To their advantage?
Isla scoffed, though memories of her pondering war burned in the back of her mind. “Io has no reason to attack Deimos.”
Ezekiel lifted his brows, challenging. “Despite its strength and despite serving its purpose in world relations, Io is in a poor position to rule over all of Morai. The Imperial Alpha is too far away for the expanse of territory he wishes to control. He’s losing touch with Tethys, Mimas, and Iapetus. Why do you think he’s entertaining that general? The yappy one who fancies you.”
Eli.
That would make sense. He was the son of Beta Sampson of Iapetus. Bringing him into Io through Isla—or even sending her there—would be a way to build relations, to get a foothold.
Kai snorted at the jab before saying, not questioning, “That’s why they’ve moved in on Charon. Why they have Locke as their puppet.”
Ezekiel nodded. “But Kyran and I feared that wouldn’t be enough for him. That Cassius would want the head and the heart of the continent under his control.”
Kai tensed, and his gaze snapped to the globe on his desk. Where dead at the continent’s center, sat—“You think he’d try to take Mavec.”

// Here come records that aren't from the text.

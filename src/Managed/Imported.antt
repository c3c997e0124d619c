-- ===== src/Managed/Imported.antt =====
-- What an import from the managed signer stores.
use reeva.Prelude.{
  ◌≡◌, refl, sym, ap, ◌∙◌, Bool, true, false, not, ◌&&◌, ◌||◌, Option, none, some, ◌++◌, Text, lit,
  same, same→eq, truthy, and_left, and_right, Result, ok, err, or_fail-eq-ok, require-eq-ok,
  >>=-eq-ok, ok-injective,
}
use reeva.Model.{Uuid, Software, Artifact, Catalog, Platform, Architecture}
use reeva.Input.{Value, undefined, null, bool, number, text, object}
use reeva.Signature
use reeva.Artifacts
use reeva.Signature.{load, Codec, Crypto, create_payload, verify_signature}
use reeva.Signature.Envelope.{HasKey}
use reeva.Artifacts.{find_artifact, set_signature}
use reeva.Artifacts.Sign.{IsSigned, set_signature-IsSigned}
use reeva.Managed.{
  Answer, Signer, ManagedKey, Request, row_not_found, broken_relation, other_release,
  invalid_signature, invalid_pending, not_signed, is_text, text_of, is_null, managed_request_id,
  managed_key, get_key, check_request, some_request, signing_request, get_request, lift_manifest,
  lift_artifact, import_managed_signature,
}

-- What a request that is accepted says
pub record IsChecked (crypto : Crypto) (key : ManagedKey) (payload : Text) (r : Request)
    : Type 0 where
  pub key_id : r.key.key_id ≡ key.key_id
  pub covers : r.payload ≡ payload
  pub verified :
      same r.status (lit "signed") ≡ true
      → verify_signature crypto payload (text_of r.signature) key.public_key ≡ true

text_of-eq-some : (v : Value) (s : Text) → text_of v ≡ some s → v ≡ text s
text_of-eq-some undefined s e = cc
text_of-eq-some null s e = cc
text_of-eq-some (bool b) s e = cc
text_of-eq-some (number t) s e = cc
text_of-eq-some (text t) s e = cc
text_of-eq-some object s e = cc

implied : (a b : Bool) → (not a || b) ≡ true → a ≡ true → b ≡ true
implied true b h t = h
implied false b h t = cc

all_left : (a b c d e f g : Bool) → (a && b && c && d && e && f && g) ≡ true → a ≡ true
all_left true b c d e f g h = refl
all_left false b c d e f g h = cc

check_request-IsChecked :
    (w : Signer) (crypto : Crypto) (a : Answer) (key : ManagedKey) (payload : Text) (r : Request)
    → check_request w crypto a key payload ≡ ok r
    → IsChecked crypto key payload r
unfolding check_request
check_request-IsChecked w crypto a key payload r run =
    let (actual, e1, run1) = >>=-eq-ok (managed_key w (some a) key.product) _ run in
    let (same_release, run2) = require-eq-ok _ other_release _ run1 in
    let (good, run3) =
      require-eq-ok
        (not (is_text a.status (lit "signed"))
          || verify_signature crypto payload (text_of a.signature) key.public_key)
        invalid_signature _ run2 in
    let (empty, run4) =
      require-eq-ok (not (is_text a.status (lit "pending")) || is_null a.signature) invalid_pending
        _ run3 in
    let (status, e2, run5) = or_fail-eq-ok (text_of a.status) other_release _ run4 in
    let e : ◌≡◌ {A = Request} r (record {
      key = actual;
      id = managed_request_id w crypto key.product key.key_id payload;
      payload = payload;
      payload_digest = w.sha256 (crypto.decode payload);
      status = status;
      signature = a.signature;
    }) =
      sym (ok-injective run5) in
    rw e (record {
      key_id =
          same→eq actual.key_id key.key_id
            (all_left (same actual.key_id key.key_id) _ _ _ _ _ _ same_release);
      covers = refl;
      verified = λ s.
          implied (is_text a.status (lit "signed")) _ good
            (ap (λ v. is_text v (lit "signed")) (text_of-eq-some a.status status e2) ∙ s);
    })

signing_request-IsChecked :
    (w : Signer) (crypto : Crypto) (o : Option Answer) (key : ManagedKey) (payload : Text)
    (r : Request)
    → signing_request w crypto o key payload ≡ ok (some r)
    → IsChecked crypto key payload r
unfolding signing_request
signing_request-IsChecked w crypto none key payload r run = cc
signing_request-IsChecked w crypto (some a) key payload r run =
    let (q, e, run1) = >>=-eq-ok (check_request w crypto a key payload) some_request run in
    let same_request : q ≡ r = some-injective (ok-injective run1) in
    rw same_request at (check_request-IsChecked w crypto a key payload q e)
  where
    some-injective : {x y : Request} → ◌≡◌ {A = Option Request} (some x) (some y) → x ≡ y
    some-injective h = cc

get_request-IsChecked :
    (w : Signer) (crypto : Crypto) (key : ManagedKey) (payload : Text) (r : Request)
    → get_request w crypto key payload ≡ ok (some r)
    → IsChecked crypto key payload r
unfolding get_request
get_request-IsChecked w crypto key payload r run =
    let (o, e, run1) =
      >>=-eq-ok
        (w.call (lit "/v1/requests/" ++ managed_request_id w crypto key.product key.key_id payload))
        _ run in
    signing_request-IsChecked w crypto o key payload r run1

lifted :
    (m : Result Artifacts.Error (Artifact × Catalog)) (x : Artifact × Catalog)
    → lift_artifact m ≡ ok x
    → m ≡ ok x
lifted (ok y) x e = ap ok (ok-injective e)
lifted (err y) x e = cc

lifted_manifest : (m : Result Signature.Error Text) (x : Text) → lift_manifest m ≡ ok x → m ≡ ok x
lifted_manifest (ok y) x e = ap ok (ok-injective e)
lifted_manifest (err y) x e = cc

-- What an import that succeeds stores
pub record IsImported (w : Signer) (codec : Codec) (crypto : Crypto) (c : Catalog) (id : Uuid)
    (b : Artifact) (d : Catalog) : Type 0 where
  pub before : Artifact
  pub found : find_artifact c id ≡ some before
  pub payload : Text
  pub covers : create_payload codec (load c before) ≡ ok payload
  pub software : Software
  pub owner : (load c before).software ≡ some software
  pub key : ManagedKey
  pub answered : get_key w software.slug ≡ ok key
  pub signature : Text
  pub verified : verify_signature crypto payload (some signature) key.public_key ≡ true
  pub stored : set_signature codec crypto c id (text key.key_id) (text signature) ≡ ok (b, d)
  pub signed : IsSigned codec crypto c id b d

truthy-some : (o : Option Text) → truthy o ≡ true → (s : Text) × (o ≡ some s)
truthy-some none h = cc
truthy-some (some s) h = (s, refl)

-- Whatever the managed signer answers, an import that succeeds has stored a signature that verifies
-- the artifact's present metadata under the key that the signer named for its product, and that the verification of
-- a signature entered by hand has accepted as well: under an active key of the product with the same
-- key id. The ids of platforms and architectures are taken to be their keys.
pub import_managed_signature-IsImported :
    (w : Signer) (codec : Codec) (crypto : Crypto) (c : Catalog) (id : Uuid) (b : Artifact)
    (d : Catalog)
    → HasKey (λ (p : Platform). p.id) c.platforms
    → HasKey (λ (r : Architecture). r.id) c.architectures
    → import_managed_signature w codec crypto c id ≡ ok (b, d)
    → IsImported w codec crypto c id b d
unfolding import_managed_signature
import_managed_signature-IsImported w codec crypto c id b d hp hr run =
    let (a, found, run1) = or_fail-eq-ok (find_artifact c id) row_not_found _ run in
    let (v, e1, run2) = or_fail-eq-ok (load c a).version broken_relation _ run1 in
    let (s, e2, run3) = or_fail-eq-ok (load c a).software broken_relation _ run2 in
    let (key, answered, run4) = >>=-eq-ok (get_key w s.slug) _ run3 in
    let (payload, e3, run5) = >>=-eq-ok (lift_manifest (create_payload codec (load c a))) _ run4 in
    let (answer, e4, run6) = >>=-eq-ok (get_request w crypto key payload) _ run5 in
    let (r, e5, run7) = or_fail-eq-ok answer not_signed _ run6 in
    let (ready, run8) =
      require-eq-ok (same r.status (lit "signed") && truthy (text_of r.signature)) not_signed _
        run7 in
    let checked = get_request-IsChecked w crypto key payload r (e4 ∙ ap ok e5) in
    let (signature, e6) =
      truthy-some (text_of r.signature)
        (and_right (same r.status (lit "signed")) (truthy (text_of r.signature)) ready) in
    let stored : set_signature codec crypto c id (text key.key_id) (text signature) ≡ ok (b, d) =
      rw (checked.key_id, text_of-eq-some r.signature signature e6) at (lifted _ (b, d) run8) in
    record {
      before = a;
      found = found;
      payload = payload;
      covers = lifted_manifest _ payload e3;
      software = s;
      owner = e2;
      key = key;
      answered = answered;
      signature = signature;
      verified = rw e6 at (
          checked.verified
            (and_left (same r.status (lit "signed")) (truthy (text_of r.signature)) ready));
      stored = stored;
      signed =
          set_signature-IsSigned codec crypto c id (text key.key_id) (text signature) b d hp hr
            stored;
    }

“It wouldn’t be surprising if it eventually came to that,” Ezekiel said, picking a piece of lint off his jacket. No look her way, but Isla felt the words directed at her. “It may already be in motion.”
Her stomach bottomed out, and she couldn’t fight the odd sensation of being split in two.
“Your father got wind of it before he passed. Heard the rumblings from the refugees of more frequent visits of Io’s Council, particularly the Imperial Beta, to the territory. Potentially rallying troops…and he discovered something else.” Ezekiel paused, looking directly at each of them before finishing, “They have witches hidden in their prison. An unwitting army.”
“What?” Isla jerked back in her seat. “No, we don’t.”
We.
Both Kai and Ezekiel turned her way, and though she’d expected the pointed look she’d received from the beta, the one she’d gotten from her mate—the slight hurt along with the empathy—she hadn’t been ready for.
She pushed them away. Shoved Io and her family away into the other. For right now, for this conversation, she had to. She was the future Luna of Deimos. Talks such as these would be had. And Io as a political opponent wasn’t the one she’d grown up in and called home. Though that anger, that doubt, rumbled beneath her skin.
She glowered. “And what about the one you’re hiding?”
The world seemed to stop moving.
They hadn’t had a plan to drop the witch on Ezekiel, just that they’d ease into the question. Feel out what he knew, what he’d be willing to tell. If he’d want to hide it, even now, even after the mention of the house. Maybe he had been prepared to, judging by the paling of his face, the tremble that rocked his being.
But he recovered quickly, finding a scowl. “She’s the one who told us. She escaped.”
“Who is she?”
Kai didn’t miss a beat while her mind stumbled to keep up.
She couldn’t filter through the shock, the feelings of—betrayal. Io keeping witches? Planning an attack? Taking Mavec for Charon?
Maybe it was the anger at the confirmation of another secret that helped Kai push forward. To press and press for as much information and take time to break it all down and absorb it, later. Or it was a way to keep Ezekiel off-balance. Give him less time to spin a tale, a lie, in pauses.
“All we knew of her was that fact. We offered her refuge here in exchange for protection, need Io strike.” Ezekiel seemed to steel himself with a breath. “And then she turned on us. Had that dog of hers kill Kyran and Jaden, go for you, and then she disappeared.”
Isla stopped breathing.
Kai may have, too.
“That dog”—the killer.
Silence befell the room again.
A witch had been behind it all. Had been the reason—
“Why would she want us all dead?” Kai’s voice cut through the silence, and Isla couldn’t place the emotion within it. It was hollow, cold, and the closest she imagined she’d ever be to understanding how it had felt that day to wake up and find out his life had changed forever.